Records from a collection:
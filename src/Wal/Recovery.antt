-- ===== src/Wal/Recovery.antt =====
-- What `WalReader::read_all` recovers from a log that was written by `WalRecord::encode`.
use flash_store.Prelude.{
  ℕ, suc, ◌+◌, ◌-◌, ◌^◌, ◌<◌, ◌≤◌, ◌≡◌, ◌≢◌, ◌⊎◌, inl, inr, ap, sym, ◌∙◌, List, [], ◌∷◌, ◌++◌,
  length, take, arith, ltb, Bool-cases, length-append, append_assoc, append-nil, All, ltb→lt,
  ltb→le, length-take,
}
use flash_store.Bytes.{Bytes}
use flash_store.External.{Buf, Crc32, Bincode}
use flash_store.Wal.{read_loop, read_all, encode_all}
use flash_store.Wal.Record.{WalRecord, encode}
use flash_store.Wal.Frames.{Fits, frame, length-frame, encode_layout}
use flash_store.Wal.Tail.{
  read_tail, read_loop-eq-tail, read_tail_fuel, read_tail-encode, read_tail_bad, read_tail_short,
  take-frame,
}

module _ ⦃buf : Buf⦄ ⦃crc : Crc32⦄ ⦃codec : Bincode WalRecord⦄ where
  read_all-eq-tail : (b : Bytes) → read_all b ≡ read_tail (length b) b
  unfolding read_all
  read_all-eq-tail b = read_loop-eq-tail (length b) b 0 (omega arith)

  length-encode : (r : WalRecord) → Fits r → 8 ≤ length (encode r)
  length-encode r h = rw (encode_layout r h) (omega (arith, length-frame 0 0 (codec.serialize r)))

  length-encode_all : (rs : List WalRecord) → All Fits rs → length rs ≤ length (encode_all rs)
  length-encode_all [] h = omega arith
  length-encode_all (r ∷ rs) h = omega (
    arith,
    length-append (encode r) (encode_all rs),
    length-encode r h.0,
    length-encode_all rs h.1,
  )

  read_tail-encode_all :
      (fuel : ℕ) (rs : List WalRecord) (d : Bytes)
      → All Fits rs
      → read_tail (length rs + fuel) (encode_all rs ++ d) ≡ rs ++ read_tail fuel d
  read_tail-encode_all fuel [] d h = ap (λ n. read_tail n d) (omega arith)
  read_tail-encode_all fuel (r ∷ rs) d h =
      ap (λ n. read_tail n ((encode r ++ encode_all rs) ++ d)) (omega arith)
      ∙ ap (read_tail (suc (length rs + fuel))) (append_assoc (encode r) (encode_all rs) d)
      ∙ read_tail-encode (length rs + fuel) r (encode_all rs ++ d) h.0
      ∙ ap (◌∷◌ r) (read_tail-encode_all fuel rs d h.1)

  -- If the loop recovers nothing from `d`, it recovers just the records in front of `d`.
  read_all_stop :
      (rs : List WalRecord) (d : Bytes)
      → All Fits rs
      → ((fuel : ℕ) → read_tail fuel d ≡ [])
      → read_all (encode_all rs ++ d) ≡ rs
  read_all_stop rs d h stop =
      let b = encode_all rs ++ d in
      let fuel = length b - length rs in
      let e : length b ≡ length rs + fuel =
        omega (arith, length-append (encode_all rs) d, length-encode_all rs h) in
      read_all-eq-tail b
      ∙ ap (λ n. read_tail n b) e
      ∙ read_tail-encode_all fuel rs d h
      ∙ ap (λ t. rs ++ t) (stop fuel)
      ∙ append-nil rs

  -- The loop of `read_all` never runs out of rounds: with any larger number of rounds it reads
  -- the same records.
  pub read_loop_fuel : (b : Bytes) (more : ℕ) → read_loop (length b + more) b 0 ≡ read_all b
  read_loop_fuel b more =
      read_loop-eq-tail (length b + more) b 0 (omega arith)
      ∙ read_tail_fuel (length b + more) (length b) b (omega arith) (omega arith)
      ∙ sym (read_all-eq-tail b)

  read_tail_torn :
      (r : WalRecord) (n fuel : ℕ)
      → Fits r
      → n < length (encode r)
      → read_tail fuel (take n (encode r)) ≡ []
  read_tail_torn r n fuel h lt = elim (Bool-cases (ltb n 8)) [
    | inl short ↦
        read_tail_short fuel (take n (encode r))
          (omega (arith, ltb→lt n 8 short, length-take n (encode r)))
    | inr long ↦
        let p = codec.serialize r in
        let c = crc.hash p in
        let e : n ≡ 8 + (n - 8) = omega (arith, ltb→le n 8 long) in
        ap (read_tail fuel) (
          ap (take n) (encode_layout r h)
          ∙ ap (λ m. take m (frame c (length p) p)) e
          ∙ take-frame c (length p) (n - 8) p)
        ∙ read_tail_bad fuel c (length p) (take (n - 8) p) (crc.hash-lt p) h (
            inl (
              omega (
                arith,
                length-take (n - 8) p,
                ap length (encode_layout r h),
                length-frame c (length p) p,
              )))
  ]

  -- A log of whole records reads back as those records.
  pub read_all_complete : (rs : List WalRecord) → All Fits rs → read_all (encode_all rs) ≡ rs
  read_all_complete rs h =
      ap read_all (sym (append-nil (encode_all rs)))
      ∙ read_all_stop rs [] h (λ fuel. read_tail_short fuel [] (omega arith))

  -- From complete records, each below 4 GiB, and then a proper prefix of one more, recovery reads
  -- exactly the complete records, in order.
  pub read_all_torn :
      (rs : List WalRecord) (r : WalRecord) (n : ℕ)
      → All Fits rs
      → Fits r
      → n < length (encode r)
      → read_all (encode_all rs ++ take n (encode r)) ≡ rs
  read_all_torn rs r n h hr lt =
      read_all_stop rs (take n (encode r)) h (λ fuel. read_tail_torn r n fuel hr lt)

  -- After complete records below 4 GiB, a frame whose payload is cut short or does not match its
  -- checksum ends the recovery: the records before it are read, and nothing of what follows.
  pub read_all_bad_frame :
      (rs : List WalRecord) (c n : ℕ) (body : Bytes)
      → All Fits rs
      → c < 2 ^ 32
      → n < 2 ^ 32
      → (length body < n) ⊎ (crc.hash (take n body) ≢ c)
      → read_all (encode_all rs ++ frame c n body) ≡ rs
  read_all_bad_frame rs c n body h hc hn bad =
      read_all_stop rs (frame c n body) h (λ fuel. read_tail_bad fuel c n body hc hn bad)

_Exercise details_
Repeat what the records above say. Use their exact words.

_Result of the task_
filename src/Wal/Recovery.antt
-- ===== src/Wal/Recovery.antt =====
-- What `WalReader::read_all` recovers from a log that was written by `WalRecord::encode`.
use flash_store.Prelude.{
  ℕ, suc, ◌+◌, ◌-◌, ◌^◌, ◌<◌, ◌≤◌, ◌≡◌, ◌≢◌, ◌⊎◌, inl, inr, ap, sym, ◌∙◌, List, [], ◌∷◌, ◌++◌,
  length, take, arith, ltb, Bool-cases, length-append, append_assoc, append-nil, All, ltb→lt,
  ltb→le, length-take,
}
use flash_store.Bytes.{Bytes}
use flash_store.External.{Buf, Crc32, Bincode}
use flash_store.Wal.{read_loop, read_all, encode_all}
use flash_store.Wal.Record.{WalRecord, encode}
use flash_store.Wal.Frames.{Fits, frame, length-frame, encode_layout}
use flash_store.Wal.Tail.{
  read_tail, read_loop-eq-tail, read_tail_fuel, read_tail-encode, read_tail_bad, read_tail_short,
  take-frame,
}

module _ ⦃buf : Buf⦄ ⦃crc : Crc32⦄ ⦃codec : Bincode WalRecord⦄ where
  read_all-eq-tail : (b : Bytes) → read_all b ≡ read_tail (length b) b
  unfolding read_all
  read_all-eq-tail b = read_loop-eq-tail (length b) b 0 (omega arith)

  length-encode : (r : WalRecord) → Fits r → 8 ≤ length (encode r)
  length-encode r h = rw (encode_layout r h) (omega (arith, length-frame 0 0 (codec.serialize r)))

  length-encode_all : (rs : List WalRecord) → All Fits rs → length rs ≤ length (encode_all rs)
  length-encode_all [] h = omega arith
  length-encode_all (r ∷ rs) h = omega (
    arith,
    length-append (encode r) (encode_all rs),
    length-encode r h.0,
    length-encode_all rs h.1,
  )

  read_tail-encode_all :
      (fuel : ℕ) (rs : List WalRecord) (d : Bytes)
      → All Fits rs
      → read_tail (length rs + fuel) (encode_all rs ++ d) ≡ rs ++ read_tail fuel d
  read_tail-encode_all fuel [] d h = ap (λ n. read_tail n d) (omega arith)
  read_tail-encode_all fuel (r ∷ rs) d h =
      ap (λ n. read_tail n ((encode r ++ encode_all rs) ++ d)) (omega arith)
      ∙ ap (read_tail (suc (length rs + fuel))) (append_assoc (encode r) (encode_all rs) d)
      ∙ read_tail-encode (length rs + fuel) r (encode_all rs ++ d) h.0
      ∙ ap (◌∷◌ r) (read_tail-encode_all fuel rs d h.1)

  -- If the loop recovers nothing from `d`, it recovers just the records in front of `d`.
  read_all_stop :
      (rs : List WalRecord) (d : Bytes)
      → All Fits rs
      → ((fuel : ℕ) → read_tail fuel d ≡ [])
      → read_all (encode_all rs ++ d) ≡ rs
  read_all_stop rs d h stop =
      let b = encode_all rs ++ d in
      let fuel = length b - length rs in
      let e : length b ≡ length rs + fuel =
        omega (arith, length-append (encode_all rs) d, length-encode_all rs h) in
      read_all-eq-tail b
      ∙ ap (λ n. read_tail n b) e
      ∙ read_tail-encode_all fuel rs d h
      ∙ ap (λ t. rs ++ t) (stop fuel)
      ∙ append-nil rs

  -- The loop of `read_all` never runs out of rounds: with any larger number of rounds it reads
  -- the same records.
  pub read_loop_fuel : (b : Bytes) (more : ℕ) → read_loop (length b + more) b 0 ≡ read_all b
  read_loop_fuel b more =
      read_loop-eq-tail (length b + more) b 0 (omega arith)
      ∙ read_tail_fuel (length b + more) (length b) b (omega arith) (omega arith)
      ∙ sym (read_all-eq-tail b)

  read_tail_torn :
      (r : WalRecord) (n fuel : ℕ)
      → Fits r
      → n < length (encode r)
      → read_tail fuel (take n (encode r)) ≡ []
  read_tail_torn r n fuel h lt = elim (Bool-cases (ltb n 8)) [
    | inl short ↦
        read_tail_short fuel (take n (encode r))
          (omega (arith, ltb→lt n 8 short, length-take n (encode r)))
    | inr long ↦
        let p = codec.serialize r in
        let c = crc.hash p in
        let e : n ≡ 8 + (n - 8) = omega (arith, ltb→le n 8 long) in
        ap (read_tail fuel) (
          ap (take n) (encode_layout r h)
          ∙ ap (λ m. take m (frame c (length p) p)) e
          ∙ take-frame c (length p) (n - 8) p)
        ∙ read_tail_bad fuel c (length p) (take (n - 8) p) (crc.hash-lt p) h (
            inl (
              omega (
                arith,
                length-take (n - 8) p,
                ap length (encode_layout r h),
                length-frame c (length p) p,
              )))
  ]

  -- A log of whole records reads back as those records.
  pub read_all_complete : (rs : List WalRecord) → All Fits rs → read_all (encode_all rs) ≡ rs
  read_all_complete rs h =
      ap read_all (sym (append-nil (encode_all rs)))
      ∙ read_all_stop rs [] h (λ fuel. read_tail_short fuel [] (omega arith))

  -- From complete records, each below 4 GiB, and then a proper prefix of one more, recovery reads
  -- exactly the complete records, in order.
  pub read_all_torn :
      (rs : List WalRecord) (r : WalRecord) (n : ℕ)
      → All Fits rs
      → Fits r
      → n < length (encode r)
      → read_all (encode_all rs ++ take n (encode r)) ≡ rs
  read_all_torn rs r n h hr lt =
      read_all_stop rs (take n (encode r)) h (λ fuel. read_tail_torn r n fuel hr lt)

  -- After complete records below 4 GiB, a frame whose payload is cut short or does not match its
  -- checksum ends the recovery: the records before it are read, and nothing of what follows.
  pub read_all_bad_frame :
      (rs : List WalRecord) (c n : ℕ) (body : Bytes)
      → All Fits rs
      → c < 2 ^ 32
      → n < 2 ^ 32
      → (length body < n) ⊎ (crc.hash (take n body) ≢ c)
      → read_all (encode_all rs ++ frame c n body) ≡ rs
  read_all_bad_frame rs c n body h hc hn bad =
      read_all_stop rs (frame c n body) h (λ fuel. read_tail_bad fuel c n body hc hn bad)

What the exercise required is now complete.